# 2.0l to vr6 swap master cylinder inquiry



## xflow_jetta (Nov 20, 2005)

I'm doing a vr6 swap in my 1997 jetta and have questions regarding how to supply the slave cylinder with pressure from the master. I am not doing a 5-lug conv. and the car does not have ABS. Is it possible to use a master cylinder from a vr car without installing ABS hubs? I realize that this will cause the light to be constantly on but with a simple removal of the bulb voilà no irritating light . I know that the Corrado uses a slave cylinder and was wondering if I could get away with using a master cylinder from a Corrado? Input is greatly appreciated. :beer:


----------



## germancarnut51 (Mar 23, 2008)

Doesn't the clutch master share the fluid supply with the brake master by way of the nipple/port on the brake fluid reservoir? The two systems don't share pressure, only fluid supply/reserve.

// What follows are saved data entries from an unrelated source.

-- ===== src/Executor/Receipts.antt =====
-- The receipts that executor/executor.rs makes carry a hash of 32 bytes.
use gravity_kvstore.Prelude.{◌≡◌, Text, List, [], ◌∷◌, some, ok, arith, All, All-append, >>=-eq-ok}
use gravity_kvstore.Types.{Transaction, TransactionReceipt, TransactionWithAccount}
use gravity_kvstore.Types.Deps.{Deps, KeccakLaws, BincodeLaws}
use gravity_kvstore.Crypto.Signing.{compute_transaction_hash-ok}
use gravity_kvstore.State.{State}
use gravity_kvstore.Storage.{HasHash}
use gravity_kvstore.Executor.{
  ExecuteError, execute_valid, execute_from, execute_transaction, execute_next,
}
use gravity_kvstore.Executor.Block.{execute_txns}
use gravity_kvstore.Executor.Replay.{execute_txns-eq-ok}

module _ (d : Deps) (sha : KeccakLaws d) (bincode : BincodeLaws d) where
  execute_valid-HasHash :
      (tx : Transaction) (sender : Text) (s : State) {r : TransactionReceipt}
      → execute_valid d tx sender s ≡ ok (some r)
      → HasHash r
  unfolding execute_valid
  execute_valid-HasHash tx sender s h = ground (
    arith,
    compute_transaction_hash-ok d bincode {E = ExecuteError} tx.unsigned,
    sha.length-keccak (bincode.encoded tx.unsigned),
  )

  execute_transaction-HasHash :
      (tx : Transaction) (s : State) {r : TransactionReceipt}
      → execute_transaction d tx s ≡ ok (some r)
      → HasHash r
  unfolding execute_transaction execute_from
  execute_transaction-HasHash tx s {r} h =
      let (sender, _, from) = >>=-eq-ok _ (λ sender. execute_from d tx sender s) h in
      execute_valid-HasHash tx sender s {r = r} (ground arith)

  execute_next-HasHash :
      (t : TransactionWithAccount) (s s' : State) {rs : List TransactionReceipt}
      → execute_next d t s ≡ (ok rs, s')
      → All HasHash rs
  unfolding execute_next
  execute_next-HasHash t s s' {rs = []} h = tt
  execute_next-HasHash t s s' {rs = r ∷ []} h =
      (execute_transaction-HasHash t.txn s {r = r} (ground arith), tt)
  execute_next-HasHash t s s' {rs = r ∷ r' ∷ rs} h = absurd (ground arith)

  -- Every receipt of a run has the 32 bytes of a digest for its hash.
  pub execute_txns-HasHash :
      (txs : List TransactionWithAccount) (s s' : State) {rs : List TransactionReceipt}
      → execute_txns d txs s ≡ (ok rs, s')
      → All HasHash rs
  unfolding execute_txns
  execute_txns-HasHash [] s s' {rs = []} h = tt
  execute_txns-HasHash [] s s' {rs = r ∷ rs} h = absurd (ground arith)
  execute_txns-HasHash (t ∷ txs) s s' h =
      let (s₁, first, rest, e, run, joined) = execute_txns-eq-ok d t txs s s' h in
      rw joined (
        All-append HasHash first rest (execute_next-HasHash t s s₁ e)
          (execute_txns-HasHash txs s₁ s' run))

The brake fluid reservoirs on ABA cars have a sealed off nipple/port where the hose that feeds the clutch master attaches on a VR6 car. So can't you simply cut the sealed nipple/port open, or get the brake fluid reservoir for/from a VR6 car?


----------



## GTijoejoe (Oct 6, 2001)

germancarnut51 said:


> Doesn't the clutch master share the fluid supply with the brake master by way of the nipple/port on the brake fluid reservoir? The two systems don't share pressure, only fluid supply/reserve.
> 
> The brake fluid reservoirs on ABA cars have a sealed off nipple/port where the hose that feeds the clutch master attaches on a VR6 car. So can't you simply cut the sealed nipple/port open, or get the brake fluid reservoir for/from a VR6 car?


yes. you are correct.


----------